Author + information
- Spencer B. King III, MD, MACC, Editor-in-Chief, JACC: Cardiovascular Interventions∗ ()
- ↵∗Address for correspondence:
Spencer B. King III, MD, MACC, Saint Joseph’s Heart and Vascular Institute, 5665 Peachtree Dunwoody Road NE, Atlanta, Georgia 30342.
“Unprecedented” is a term often used to describe the incoming Administration, but uncertainty is undeniable. The new Administration and Congress face a daunting task in balancing campaign rhetoric with future reality. Health care financing is going to be at the forefront, and the providers of health care are nervous. Those who should be most nervous are the consumers of health care, also known as patients. The Affordable Care Act (ACA), commonly known as “ObamaCare,” is under fire, and Congress has pledged to repeal it. The incoming Administration demonized it in the campaign, and now just preaching against it will not be an effective policy. The citizens are waiting for answers.
There is no doubt that the United States has the infrastructure to provide health care to all its citizens. We spend 50% to 100% per capita more than any other modern country, so the money is there. The discussion is about how to finance it. Admittedly, the ACA is a bit of a camel (also known as a horse put together by a committee) because all of the players had to be in on the action. Compromises had to be made for insurance companies, pharmaceutical and device industries, hospitals, physicians, and so on to agree to the plan. Because it involves insurance, it needed to have almost everybody participating. Now there are exceptions. A “mandate” has become the main feature for attack. Why do we not call the requirement to have auto insurance a “mandate?” It is popular to talk about individual responsibility for health care, but is that possible? Are we individually responsible for national defense? Fire or police protection? I pay a water bill each month whether or not I use any water, so that we can have a municipal water system. The interstate highways are possible because we have agreed that our society wants to be able to drive anywhere. Accessibility to health care for all citizens is an issue that our society must consider. Individual responsibility to purchase health care is, for many, a flawed concept. How many healthy people would purchase health insurance if it was not subsidized by their employer? If they are self-employed or unemployed, they likely will buy groceries or a car before insurance. Who pays when the uninsured do get sick or injured? We all do—the struggling hospital, the medical practice, and the taxpayer. Many things have been decided to be in the common interest. Is health care one of them? In most developed countries, it is. Despite its problems, the ACA is more popular than ever, with record numbers signing up for coverage. Nonetheless, repeal of it seems to be the first order of business for Congress now that they failed to abolish the ethics panel.
In considering what to replace the ACA with, there might be room to consider what is actually beautiful about this “camel.” The expansion of insurance, including Medicaid to millions, should not be jeopardized, but expanded. The move toward health care financing for all Americans has started with the ACA. Now the opportunity to improve it has arrived. Many constituents of Congress undoubtedly have accepted the assertion that the ACA is responsible for their increased premiums. In part, it is because it has not yet been implemented as broadly as originally conceived, but also because health care costs have not been contained and nobody wants to give up their piece of the pie. Containment of medical costs will require efficiencies that will be painful to some who have been eating the pie. Effective improvement in patient care and accessibility needs to be rewarded (ineffective activities that do not influence patient care should not provide opportunities for saving). Should savings be put back on the patients by making them pay more and therefore avoid seeking medical care? How about reducing the incessant direct-to-patient marketing of drugs and devices? It must work by driving up utilization and therefore costs, or why else would it be done? Americans are the only people in the world who have to be constantly reminded of how Viagra works.

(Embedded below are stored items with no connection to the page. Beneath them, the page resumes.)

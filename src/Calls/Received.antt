-- ===== src/Calls/Received.antt =====
-- What the getter `svg` of rust/assets/hep-viewer.js gives, from what the wasm side has left in its
-- memory.
use ggsql_duckdb.Prelude.{ℕ, ◌+◌, ◌%◌, ◌<◌, ◌≡◌, refl, ◌∙◌, Option, none, some, arith}
use ggsql_duckdb.Boot.Init.{Text}
use ggsql_duckdb.Boot.Memory.{subarray, get_string, decode_text, get_uint8_array}
use ggsql_duckdb.Boot.Views.{IsCurrent, renew_uint8_array-buffer, same_buffer_eq}
use ggsql_duckdb.Calls.Machine.{
  to_int32, Block, Machine, World, answer, Outcome, returned, thrown, Request, svg, Exports,
  Browser, ◌>>=◌, or_throw,
}
use ggsql_duckdb.Calls.Access.{word_at, get_int32, get_text}
use ggsql_duckdb.Calls.Document.{run, read_pair, svg_getter}
use ggsql_duckdb.Calls.Keeps.{moved, move_stack-bind}
use ggsql_duckdb.Calls.Methods.{KeepsStack}
use ggsql_duckdb.Calls.Runs.{
  same_word, small_word, bind-returned, viewed, get_int32-returned, run-returned,
}
use ggsql_duckdb.Calls.Given.{text-finish_svg}

-- What the decoder's result comes to.
abbrev pub decoded : Browser → Option Text → Outcome Text
decoded browser none = thrown browser.type_error
decoded browser (some s) = returned s

or_throw-decoded :
    (browser : Browser) (o : Option Text) (w : World)
    → (or_throw o browser.type_error w).0 ≡ decoded browser o
or_throw-decoded browser none w = refl
or_throw-decoded browser (some s) w = refl

module _ (browser : Browser) where
  get_text-decoded :
      (a b : ℕ) (w : World)
      → IsCurrent w.machine.memory w.machine.globals
      → a < 4294967296
      → b < 2147483648
      → (get_text browser (to_int32 a) (to_int32 b) w).0
        ≡ decoded browser (browser.decode (subarray a b w.machine.memory.content))
  unfolding get_text ◌>>=◌ get_string decode_text get_uint8_array
  get_text-decoded a b w v l h =
      let m = w.machine.memory in
      let same : a % 4294967296 ≡ a = omega arith in
      rw
        (
          renew_uint8_array-buffer browser.other_length m w.machine.globals.cached_uint8_array
              v.uint8_array,
          (same_buffer_eq m.buffer m.buffer).1 refl,
          same_word a l,
          same,
          small_word b h,
        )
        (or_throw-decoded browser (browser.decode (subarray a b m.content)) _)

  module _ (exports : Exports) (request : ℕ → Request) (retptr : ℕ) (w : World) (n : Machine) where
    pub read_pair-returned :
        (a b : ℕ)
        → exports.run (request retptr) w.machine ≡ (answer 0, n)
        → IsCurrent n.memory n.globals
        → word_at retptr n.memory.content ≡ some a
        → word_at (retptr + 4) n.memory.content ≡ some b
        → read_pair exports browser request retptr w
          ≡ (returned (to_int32 a, to_int32 b), viewed (record w { machine = n }))
    read_pair-returned a b ran current first second =
        let after : World = record w { machine = n } in
        let seen = viewed after in
        let still : IsCurrent seen.machine.memory seen.machine.globals = record {
          data_view = refl;
          uint8_array = current.uint8_array;
        } in
        bind-returned (run exports (request retptr)) _ w after 0 (run-returned exports _ w 0 n ran)
        ∙ bind-returned (get_int32 browser retptr) _ after seen (to_int32 a)
            (get_int32-returned browser retptr a after current first)
        ∙ bind-returned (get_int32 browser (retptr + 4)) _ seen seen (to_int32 b)
            (get_int32-returned browser (retptr + 4) b seen still second)

-- The getter `svg` gives the text whose bytes lie where the export says, or the error of the decoder
-- if they are no UTF-8: the block is given back only after they were read.
pub svg_getter-decoded :
    (exports : Exports) (browser : Browser) (ptr : ℕ) (w : World) (n : Machine) (a b : ℕ)
    → KeepsStack exports
    → ((block : Block) (m : Machine)
        → (n : ℕ) × ((exports.free block.address block.size block.alignment m).0 ≡ answer n))
    → let m = (moved w).machine in
      exports.run (svg m.stack_pointer ptr) m ≡ (answer 0, n)
      → IsCurrent n.memory n.globals
      → word_at m.stack_pointer n.memory.content ≡ some a
      → word_at (m.stack_pointer + 4) n.memory.content ≡ some b
      → a < 4294967296
      → b < 2147483648
      → (svg_getter exports browser ptr w).0
        ≡ decoded browser (browser.decode (subarray a b n.memory.content))
unfolding svg_getter
svg_getter-decoded exports browser ptr w n a b k f ran current first second l h =
    let sp = (moved w).machine.stack_pointer in
    let seen = viewed (record w { machine = n }) in
    rw
      (
        move_stack-bind browser exports k (read_pair exports browser (λ retptr. svg retptr ptr)) w,
        read_pair-returned browser exports (λ retptr. svg retptr ptr) sp (moved w) n a b ran current
            first second,
      )
      (text-finish_svg browser exports k a b seen f
        ∙ get_text-decoded browser a b seen
            (record { data_view = refl; uint8_array = current.uint8_array }) l h)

Individual initiative and entrepreneurship are hallmarks of successful American business, but health care is not a commodity to be marketed like hamburgers for profit. Our “pursuit of happiness” does not always just favor the individual. Schemes enabling low-cost coverage only for those young and healthy without pre-existing conditions while not providing comprehensive coverage for people who are more likely to need it will not approach reasonable universal health care. Changes in health care financing are necessary and complex, but should not be placed on the back of the patients. The first principle should be that appropriate and necessary health care is the responsibility of our society, not just “accessible” to those who choose to buy it. During this highly polarized time, it is no longer adequate to just attack ObamaCare. Those who have attacked it and those who have defended it now have to fix it. Much that is broken is due to this polarization. Many who like the benefits hate the name. Change the name if you must, but do not incur the shame that will come with shorting the citizens who deserve (in the 21st century) a health care financing system for all. Do that and you will help keep America great!